* TASK ITEM *
Lines from the beginning of the entries up to and including the one with "global scheduler that" must be duplicated word for word; leave out all others.

Extracted records
____
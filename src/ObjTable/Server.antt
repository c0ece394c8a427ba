-- ===== src/ObjTable/Server.antt =====
-- go/cmd/gcsobjtable/main.go: the state of `GCSObjServer`, and its handlers. Each handler is one
-- step: `s.mu` makes it so for those that lock it. A callback or a call of the global scheduler that
-- a handler starts with `go` is a value in its result.
use babyray.Common.{ℕ, Bool, false, List, []}
use babyray.Common.Text.{Text}
use babyray.Common.Dict.{Dict, lookup, or_else}
use babyray.Wire.{LocationFoundCallback, GlobalScheduleRequest}

-- An address of a local object store, `host:port`.
abbrev pub Address : Type 0
Address = Text

pub record GcsObjServer (D : Type 0) : Type 0 where
  pub object_locations : Dict (List ℕ)
  pub waitlist : Dict (List Address)
  pub database : D
  pub object_sizes : Dict ℕ
  pub lineage : Dict GlobalScheduleRequest
  pub live_nodes : Dict Bool
  pub generating : Dict ℕ

abbrev pub new_gcs_obj_server : {D : Type 0} → D → GcsObjServer D
new_gcs_obj_server db = record {
  object_locations = [];
  waitlist = [];
  database = db;
  object_sizes = [];
  lineage = [];
  live_nodes = [];
  generating = [];
}

-- A `sendCallback` that was started: LocationFound(uid, location) for the client.
pub record Callback : Type 0 where
  pub client_address : Address
  pub uid : ℕ
  pub node_id : ℕ

-- The message that `sendCallback` sends to the client; the fields that it leaves out are zero.
abbrev pub location_found : Callback → LocationFoundCallback
location_found c = record { uid = c.uid; location = c.node_id; address = []; port = 0 }

-- The errors of the handlers, all with `codes.Internal`.
pub data ObjError (E : Type 0) : Type 0 where
  no_peer : ObjError E
  no_node_id : E → ObjError E
  duplicate_lineage : ObjError E

-- s.liveNodes[n]
unfoldable pub is_live : {D : Type 0} → GcsObjServer D → ℕ → Bool
is_live s n = or_else false (lookup n s.live_nodes)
____
* RESULT OF THIS EXERCISE *
filename src/ObjTable/Server.antt
repository c0ece394c8a427ba
-- ===== src/ObjTable/Server.antt =====
-- go/cmd/gcsobjtable/main.go: the state of `GCSObjServer`, and its handlers. Each handler is one
-- step: `s.mu` makes it so for those that lock it. A callback or a call of the global scheduler that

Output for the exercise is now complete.